__WORK ITEM__: Please repeat the lines below, exactly and only, from the one that holds "let late = process-late" through the one that holds "step-IsKeyed keyed".

───── TASK MATERIAL

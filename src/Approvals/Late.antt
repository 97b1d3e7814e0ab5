-- ===== src/Approvals/Late.antt =====
-- A request after the deadline of an approval that was decided in time:
-- server/src/application/services/approval_lifecycle.py and
-- server/src/application/authorization/approval_lifecycle/verifier.py.
use juris_ai.Base.{
  ◌≤◌, String, Bool, true, false, ◌≡◌, refl, Bool-cases, ≡→==, arith, inl, inr, some, ◌==◌, subst,
  sym, ap, ◌∙◌,
}
use juris_ai.Base.Dict.{Dict, get-put}
use juris_ai.Approvals.Records.{expired, Approval, Store, find, write}
use juris_ai.Approvals.Service.{Env, DecisionRequest, process}
use juris_ai.Approvals.Outcomes.{Owned, IsKeyed}
use juris_ai.Approvals.Decisions.{process-late, expire-found}
use juris_ai.Approvals.Races.{◌⟶◌, ◌⟶*◌, expires}
use juris_ai.Approvals.Once.{as_expired, decision_stays, step-IsKeyed}
use juris_ai.Approvals.Verifier.{AgentAction, is_approved}

module _ {Json : Type 0} where
  is_approved-expired :
      (eq : Json → Json → Bool) (s : Store Json) (actions : Dict (AgentAction Json))
      (id action : String) (payload : Dict Json) (row : Approval Json)
      → find id s ≡ some row
      → row.status ≡ expired
      → is_approved eq s actions id action payload ≡ false
  unfolding is_approved
  is_approved-expired eq s actions id action payload row found lapsed =
      elim (Bool-cases (id == "")) [
        | inl e ↦ rw (e, is_approved) refl
        | inr e ↦ rw (e, found, lapsed, is_approved) refl
      ]

  lapsed_store :
      (id : String) (row : Approval Json) (s : Store Json)
      → find id (write id (as_expired row) s) ≡ some (as_expired row)
  lapsed_store id row s = cc (get-put id id (as_expired row) s.approvals, ≡→== id id refl)

  lapsed-stays :
      (id : String) (s t : Store Json) (row : Approval Json)
      → IsKeyed s
      → s ⟶* t
      → find id s ≡ some (as_expired row)
      → find id t ≡ some (as_expired row)
  lapsed-stays id s t row keyed steps found =
      let (last, (there, remains)) =
        decision_stays id s t (as_expired row) keyed steps found (λ p. cc) in
      elim remains [ inl p ↦ there ∙ ap some p | inr p ↦ there ∙ ap some p ]

  -- In a store whose rows stand under their own ids, the owner's request at or after the deadline
  -- turns the approval to expired if its transaction commits, whatever was decided in time, and
  -- after any further transactions of other requests it is still expired and the verifier refuses
  -- its token.
  pub late_request-unapproves :
      (eq : Json → Json → Bool) (env : Env) (id : String) (request : DecisionRequest Json)
      (user_id : String) (s : Store Json) (row : Approval Json) (actions : Dict (AgentAction Json))
      (action : String) (payload : Dict Json) (t : Store Json)
      → IsKeyed s
      → Owned id user_id s row
      → row.expires_at ≤ env.now
      → env.commits ≡ true
      → (process env id request user_id s).1 ⟶* t
      → (find id (process env id request user_id s).1 ≡ some (record row { status = expired }))
        × (find id t ≡ some (record row { status = expired }))
        × (is_approved eq t actions id action payload ≡ false)
  late_request-unapproves eq env id request user_id s row actions action payload t keyed own over c
        later =
      let late = process-late env id request user_id s row own (ground arith) c in
      let after = lapsed_store id row s in
      let keyed' =
        step-IsKeyed keyed
          (subst (λ r. s ⟶ r.1) (expire-found env id s row own.found c) (expires env id s)) in
      let stays =
        lapsed-stays id (write id (as_expired row) s) t row keyed'
          (subst (λ r. r.1 ⟶* t) late later) after in
      (
        subst (λ r. find id r.1 ≡ some (as_expired row)) (sym late) after,
        stays,
        is_approved-expired eq t actions id action payload (as_expired row) stays refl,
      )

──────────

__ANSWER TO THIS PROBLEM__:
      let late = process-late env id request user_id s row own (ground arith) c in
      let after = lapsed_store id row s in
      let keyed' =
        step-IsKeyed keyed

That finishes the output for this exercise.